## Problem statement
Work out how many lines in the data below contain the string "stuffed", and reply with that figure alone.

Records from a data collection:
-- ===== src/Monitor/Hear.antt =====
-- usb_monitor.c: the monitor inside of a packet, over stretches of stuffed bits.
use ciexpert_usbdev.Base.{
  ℕ, ◌≡◌, refl, sym, ap, subst, Bool, Bool-cases, none, some, ◌==◌, inl, inr, List, [], ◌∷◌, ◌++◌,
}
use ciexpert_usbdev.Usb.{UsbmonDataType}
use ciexpert_usbdev.Transmit.Stuff.{due, settled, body, run, body-append, run-append}
use ciexpert_usbdev.Monitor.{Monitor, MonState, Event, follow_line}
use ciexpert_usbdev.Monitor.Collect.{moved, dropped, Listens, drop_step}

abbrev pub Events : Type 0
Events = List (UsbmonDataType × ℕ)

abbrev pub events_of : Event → Events
events_of none = []
events_of (some e) = e ∷ []

-- The monitor, called once for each of the line's bits: a level that stays is a one. What it
-- reports, and the caller's `lastpid`.
pub data Hears (tick : ℕ) : Monitor → ℕ → List Bool → Events → Monitor → ℕ → Type 0 where
  over : {m : Monitor} {lastpid : ℕ} → Hears tick m lastpid [] [] m lastpid
  hear :
      {m m' d : Monitor} {lastpid lastpid' p : ℕ} {b : Bool} {bs : List Bool} {e : Event}
      {es : Events}
      → follow_line (moved m b) tick lastpid ≡ (m', e, lastpid')
      → Hears tick m' lastpid' bs es d p
      → Hears tick m lastpid (b ∷ bs) (events_of e ++ es) d p

pub events_append : (xs ys zs : Events) → (xs ++ ys) ++ zs ≡ xs ++ (ys ++ zs)
events_append [] ys zs = refl
events_append (x ∷ xs) ys zs = ap (λ (l : Events). x ∷ l) (events_append xs ys zs)

pub Hears-append :
    {tick : ℕ} {m d e : Monitor} {lastpid p q : ℕ} {xs ys : List Bool} {es fs : Events}
    → Hears tick m lastpid xs es d p
    → Hears tick d p ys fs e q
    → Hears tick m lastpid (xs ++ ys) (es ++ fs) e q
Hears-append over k = k
Hears-append {tick} {e = e} {lastpid = lastpid} {q = q} {ys = ys} {fs = fs}
      (hear {m = m} {b = b} {bs = bs} {e = event} {es = es} r h) k =
    subst (λ (l : Events). Hears tick m lastpid (b ∷ (bs ++ ys)) l e q)
      (sym (events_append (events_of event) es fs)) (hear r (Hears-append h k))

-- A stretch of bits has been heard, and where the monitor stands then.
pub record Gathers (tick : ℕ) (m : Monitor) (lastpid n : ℕ) (bits : List Bool) (es : Events)
    (state : MonState) (need acc p : ℕ) : Type 0 where
  pub after : Monitor
  pub hears : Hears tick m lastpid (body n bits) es after p
  pub listens : Listens after (run n bits)
  pub state_at : after.state ≡ state
  pub need_at : after.needbits ≡ need
  pub bits_at : after.bits ≡ acc

pub gather_both :
    {tick : ℕ} {m : Monitor} {lastpid n : ℕ} {xs ys : List Bool} {es fs : Events}
    {state state' : MonState} {need acc p need' acc' p' : ℕ}
    (g : Gathers tick m lastpid n xs es state need acc p)
    → Gathers tick g.after p (run n xs) ys fs state' need' acc' p'
    → Gathers tick m lastpid n (xs ++ ys) (es ++ fs) state' need' acc' p'
gather_both {tick} {m} {lastpid} {n} {xs} {ys} {es} {fs} {p' = p'} g k = record {
  after = k.after;
  hears =
      subst (λ (l : List Bool). Hears tick m lastpid l (es ++ fs) k.after p')
        (sym (body-append n xs ys)) (Hears-append g.hears k.hears);
  listens = subst (λ (r : ℕ). Listens k.after r) (sym (run-append n xs ys)) k.listens;
  state_at = k.state_at;
  need_at = k.need_at;
  bits_at = k.bits_at;
}

-- The stuffed bit that is due comes first.
pub settle :
    {m : Monitor} {n : ℕ} (tick lastpid : ℕ)
    → Listens m n
    → (d : Monitor) × Hears tick m lastpid (due n) [] d lastpid
      × Listens d (settled n)
      × (d.state ≡ m.state)
      × (d.needbits ≡ m.needbits)
      × (d.bits ≡ m.bits)
settle {m} {n} tick lastpid h = elim (Bool-cases (n == 6)) [
  | inl e ↦
      let (runs, still) = drop_step tick lastpid h e in
      (dropped m, rw e (hear runs over), rw e still, refl, refl, refl)
  | inr e ↦ (m, rw e over, rw e h, refl, refl, refl)
]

## Answer below
2